Command line path navigation

pushd and popd are used to switch between multiple directories without the copying nad posting of directory paths. Thy operate on a stack; a last in first out data structure (LIFO).

pushd /var/www
pushd /usr/src
dirs
pushd +2
popd

When we have only two locations, an alternative and easier way is cd -.

cd /usr/src
# Do something
cd /var/www
cd -     # /usr/src

bd – Quickly Go Back to a Parent Directory

Create log file

  • Create a log file with date
logfile="output_$(date +"%Y%m%d%H%M").log"
  • Redirect the error to a log file
logfile="output_$(date +"%Y%m%d%H%M").log"

module load XXX || exit 1

echo "All output redirected to '$logfile'"
set -ex

exec 2>$logfile

# Task 1
start_time=$(date +%s)
# Do something with possible error output
end_time=$(date +%s)
echo "Task 1 Started: tarted: "$start_date"; Ended: "$end_date"; Elapsed time: "$(($end_time - $start_time))" sec">>$logfile

# Task 2
start_time=$(date +%s)
# Do something with possible error output
end_time=$(date +%s)
echo "Task 1 Started: tarted: "$start_date"; Ended: "$end_date"; Elapsed time: "$(($end_time - $start_time))" sec">>$logfile

Text processing

tr (similar to sed)

It seems tr does not take general regular expression.

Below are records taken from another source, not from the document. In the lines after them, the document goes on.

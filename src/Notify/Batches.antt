-- ===== src/Notify/Batches.antt =====
-- When the callbacks of nested batches run.
use rs_query.Base.{
  ℕ, suc, ◌≡◌, false, refl, sym, ap, ◌∙◌, List, [], ◌∷◌, ◌++◌, ◌==◌, arith, append_assoc,
  append-nil,
}
use rs_query.Notify.{NotifyManager, call_all, flush, notify, close, batch}

-- What a program does with the manager: it notifies, runs batches, and goes on.
pub data Script (W : Type 0) : Type 0 where
  done : Script W
  notify_then : (W → W) → Script W → Script W
  batch_then : Script W → Script W → Script W

abbrev pub run : {W : Type 0} → Script W → NotifyManager W → NotifyManager W
run done m = m
run (notify_then f rest) m = run rest (notify f m)
run (batch_then inner rest) m = run rest (batch (run inner) m)

-- The callbacks of a script in the order in which they are submitted.
abbrev pub callbacks : {W : Type 0} → Script W → List (W → W)
callbacks done = []
callbacks (notify_then f rest) = f ∷ callbacks rest
callbacks (batch_then inner rest) = callbacks inner ++ callbacks rest

abbrev at_depth : {W : Type 0} → ℕ → List (W → W) → W → NotifyManager W
at_depth depth queue w = record { queue = queue; batch_depth = depth; program = w }

notify_inside :
    {W : Type 0} (f : W → W) (depth : ℕ) (q : List (W → W)) (w : W)
    → notify f (at_depth (suc depth) q w) ≡ at_depth (suc depth) (q ++ f ∷ []) w
unfolding notify
notify_inside f depth q w =
    let inner : (suc depth == 0) ≡ false = ground arith in rw (inner, notify)

close_inside :
    {W : Type 0} (depth : ℕ) (q : List (W → W)) (w : W)
    → close (at_depth (suc (suc depth)) q w) ≡ at_depth (suc depth) q w
close_inside depth q w =
    let inner : (suc (suc depth) == 1) ≡ false = ground arith in
    rw inner (ap (λ d. at_depth d q w) (omega arith))

-- Inside a batch callbacks are queued only.
run_inside :
    {W : Type 0} (s : Script W) (depth : ℕ) (q : List (W → W)) (w : W)
    → run s (at_depth (suc depth) q w) ≡ at_depth (suc depth) (q ++ callbacks s) w
unfolding notify batch
run_inside done depth q w = ap (λ l. at_depth (suc depth) l w) (sym (append-nil q))
run_inside (notify_then f rest) depth q w =
    ap (run rest) (notify_inside f depth q w)
    ∙ run_inside rest depth (q ++ f ∷ []) w
    ∙ ap (λ l. at_depth (suc depth) l w) (append_assoc q (f ∷ []) (callbacks rest))
run_inside (batch_then inner rest) depth q w =
    ap (λ a. run rest (close a)) (run_inside inner (suc depth) q w)
    ∙ ap (run rest) (close_inside depth (q ++ callbacks inner) w)
    ∙ run_inside rest depth (q ++ callbacks inner) w
    ∙ ap (λ l. at_depth (suc depth) l w) (append_assoc q (callbacks inner) (callbacks rest))

call_all-append :
    {W : Type 0} (fs gs : List (W → W)) (w : W)
    → call_all (fs ++ gs) w ≡ call_all gs (call_all fs w)
call_all-append [] gs w = refl
call_all-append (f ∷ fs) gs w = call_all-append fs gs (f w)

run_outside :
    {W : Type 0} (s : Script W) (w : W)
    → run s (at_depth 0 [] w) ≡ at_depth 0 [] (call_all (callbacks s) w)
unfolding notify batch flush
run_outside done w = refl
run_outside (notify_then f rest) w = run_outside rest (f w)
run_outside (batch_then inner rest) w =
    ap (λ a. run rest (close a)) (run_inside inner 0 [] w)
    ∙ run_outside rest (call_all (callbacks inner) w)
    ∙ ap (at_depth 0 []) (sym (call_all-append (callbacks inner) (callbacks rest) w))

-- Outside any batch, with nothing queued, every callback has run when a script is over, each once
-- and in the order in which they were submitted, however the batches are nested; inside a batch none
-- of them has run, and they are queued in that order.
pub run-callbacks :
    {W : Type 0} (s : Script W) (depth : ℕ) (q : List (W → W)) (w : W)
    → (run s (record { queue = []; batch_depth = 0; program = w })
        ≡ record { queue = []; batch_depth = 0; program = call_all (callbacks s) w })
      × (run s (record { queue = q; batch_depth = suc depth; program = w })
          ≡ record { queue = q ++ callbacks s; batch_depth = suc depth; program = w })
run-callbacks s depth q w = (run_outside s w, run_inside s depth q w)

The tr utility copies the given input to produced the output with substitution or deletion of selected characters. tr abbreviated as translate or transliterate.

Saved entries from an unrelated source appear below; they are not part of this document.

-- ===== src/Tests/Lights.antt =====
-- A device with a latched fault.
use base_platform_zephyr_ble.Prelude.{Bool, true, false, [], ◌∷◌}
use base_platform_zephyr_ble.Fault.{Fault, event_lost}
use base_platform_zephyr_ble.Diagnostics.{Diagnostics}
use base_platform_zephyr_ble.Hal.Gpio.{low}
use base_platform_zephyr_ble.Hal.Gpio
use base_platform_zephyr_ble.Hal.Led.{error_led, manager, get_led}
use base_platform_zephyr_ble.Hal.Led.Follows.{
  Follows, turn_it_on, toggle_it, calls, manager-Follows,
}
use base_platform_zephyr_ble.Tests.Fixtures.{dark}

abbrev pub healthy : Diagnostics
healthy = record {
  fault_announced = false;
  fault_blink_on = false;
  heartbeat_count = 41;
  leds = record { heartbeat = record dark { state = true }; activity = dark; error = dark };
}

abbrev lost_one : Fault
lost_one = record { active = true; reason = event_lost }

-- A board without an activity light.
abbrev has : Gpio.GpioInstances → Bool
has Gpio.activity_led = false
has _ = true

manager-Follows_example : Follows low (
    calls
      (turn_it_on ∷ toggle_it ∷ turn_it_on ∷ [])
      (get_led error_led (manager (Gpio.manager has (λ _. true) (λ _. true)))))
manager-Follows_example =
    manager-Follows low has error_led (turn_it_on ∷ toggle_it ∷ turn_it_on ∷ [])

It will read from STDIN and write to STDOUT. The syntax is

tr [OPTION] SET1 [SET2]

If both the SET1 and SET2 are specified and ‘-d’ OPTION is not specified, then tr command will replace each characters in SET1 with each character in same position in SET2. For example,

# translate to uppercase
$ echo 'linux' | tr "[:lower:]" "[:upper:]"

# Translate braces into parenthesis
$ tr '{}' '()' < inputfile > outputfile

# Replace comma with line break
$ tr ',' '\n' < inputfile

# Split a long line using the space 
$ echo $line | tr ' ' '\n' 

# Translate white-space to tabs
$ echo "This is for testing" | tr [:space:] '\t'

# Join/merge all the lines in a file into a single line
$ tr -s '\n' ' ' < file.txt  
# note sed cannot match \n easily as tr command. 
# See 
# http://stackoverflow.com/questions/1251999/how-can-i-replace-a-newline-n-using-sed 
# https://unix.stackexchange.com/questions/26788/using-sed-to-convert-newlines-into-spaces

tr can also be used to remove particular characters using -d option. For example,

$ echo "the geek stuff" | tr -d 't'
he geek suff
$ tr -d "\15" < input > output # octal digit 15

A practical example

#!/bin/bash
echo -n "Enter file name : "
read myfile
echo -n "Are you sure ( yes or no ) ? "
read confirmation
confirmation="$(echo ${confirmation} | tr 'A-Z' 'a-z')"
if [ "$confirmation" == "yes" ]; then
   [ -f $myfile ] &&  /bin/rm $myfile || echo "Error - file $myfile not found"
else
   : # do nothing
fi

Second example

$ ifconfig | cut -c-10 | tr -d ' ' | tr -s '\n'
eth0
eth1
ip6tnl0
lo
sit0

# without tr -s '\n'
eth0


eth1


ip6tnl0


lo


sit0

where tr -d ' ' deletes every space character in each line. The \n newline character is squeezed using tr -s '\n' to produce a list of interface names. We use cut to extract the first 10 characters of each line.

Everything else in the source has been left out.